Task item: Could you copy, word for word, only the lines from the one containing "unfoldable pub encode_account" through the last line of the records below, both included?

Stored data entries:

§ §

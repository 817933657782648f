-- ===== src/Codec/Entries.antt =====
-- src/AccountCodec.cpp, src/ClearingCodec.cpp, src/InstrumentCodec.cpp and src/RawDataCodec.cpp. The id of an
-- entry is not part of its bytes; it is handed over beside them.
use order_processor.Common.{ℕ, [], ◌∷◌, length, ◌==◌, if◌then◌else◌}
use order_processor.Model.Ids.{IdT}
use order_processor.Model.Order.{Text, Instrument, Clearing, RawData}
use order_processor.Codec.Bytes.{
  Bytes, Reader, ◌>>=◌, pure, put, read_int, read_bytes, put_text, restore_text, dotted, dot,
  concat,
}

-- `AccountEntry`, with the number of its type: `memcpy` makes any number an `AccountType`.
pub record AccountRecord : Type 0 where
  pub account : Text
  pub firm : Text
  pub id : IdT
  pub type : ℕ

unfoldable pub encode_account : AccountRecord → Bytes
encode_account a = concat (dot (put_text a.account) ∷ dot (put_text a.firm) ∷ put 4 a.type ∷ [])

unfoldable pub decode_account : IdT → Reader AccountRecord
decode_account id = do
  account ← dotted restore_text
  firm ← dotted restore_text
  type ← read_int 4
  pure (record { account = account; firm = firm; id = id; type = type })

unfoldable pub encode_clearing : Clearing → Bytes
encode_clearing c = concat (put_text c.firm ∷ [])

unfoldable pub decode_clearing : IdT → Reader Clearing
decode_clearing id = do firm ← restore_text; pure (record { firm = firm; id = id })

unfoldable pub encode_instrument : Instrument → Bytes
encode_instrument i =
    concat
      (dot (put_text i.symbol) ∷ dot (put_text i.security_id) ∷ put_text i.security_id_source ∷ [])

unfoldable pub decode_instrument : IdT → Reader Instrument
decode_instrument id = do
  symbol ← dotted restore_text
  security_id ← dotted restore_text
  security_id_source ← restore_text
  pure (record {
    symbol = symbol;
    security_id = security_id;
    security_id_source = security_id_source;
    id = id;
  })

-- The bytes of a raw datum are read only if there are any.
unfoldable pub encode_raw_data : RawData → Bytes
encode_raw_data d = concat (dot (put 4 d.type) ∷ dot (put 4 (length d.bytes)) ∷ d.bytes ∷ [])

unfoldable pub read_some : ℕ → Reader Bytes
read_some n = if n == 0 then pure [] else read_bytes n

unfoldable pub decode_raw_data : Reader RawData
unfolding read_some
decode_raw_data = do
  type ← dotted (read_int 4)
  size ← dotted (read_int 4)
  bytes ← read_some size
  pure (record { type = type; bytes = bytes })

§ §

Task answer:
unfoldable pub encode_account : AccountRecord → Bytes
encode_account a = concat (dot (put_text a.account) ∷ dot (put_text a.firm) ∷ put 4 a.type ∷ [])

unfoldable pub decode_account : IdT → Reader AccountRecord
decode_account id = do
  account ← dotted restore_text
  firm ← dotted restore_text
  type ← read_int 4
  pure (record { account = account; firm = firm; id = id; type = type })

unfoldable pub encode_clearing : Clearing → Bytes
encode_clearing c = concat (put_text c.firm ∷ [])

unfoldable pub decode_clearing : IdT → Reader Clearing
decode_clearing id = do firm ← restore_text; pure (record { firm = firm; id = id })

unfoldable pub encode_instrument : Instrument → Bytes
encode_instrument i =
    concat
      (dot (put_text i.symbol) ∷ dot (put_text i.security_id) ∷ put_text i.security_id_source ∷ [])

unfoldable pub decode_instrument : IdT → Reader Instrument
decode_instrument id = do
  symbol ← dotted restore_text
  security_id ← dotted restore_text
  security_id_source ← restore_text
  pure (record {
    symbol = symbol;
    security_id = security_id;
    security_id_source = security_id_source;
    id = id;
  })

-- The bytes of a raw datum are read only if there are any.
unfoldable pub encode_raw_data : RawData → Bytes
encode_raw_data d = concat (dot (put 4 d.type) ∷ dot (put 4 (length d.bytes)) ∷ d.bytes ∷ [])

unfoldable pub read_some : ℕ → Reader Bytes
read_some n = if n == 0 then pure [] else read_bytes n

unfoldable pub decode_raw_data : Reader RawData
unfolding read_some
decode_raw_data = do
  type ← dotted (read_int 4)
  size ← dotted (read_int 4)
  bytes ← read_some size
  pure (record { type = type; bytes = bytes })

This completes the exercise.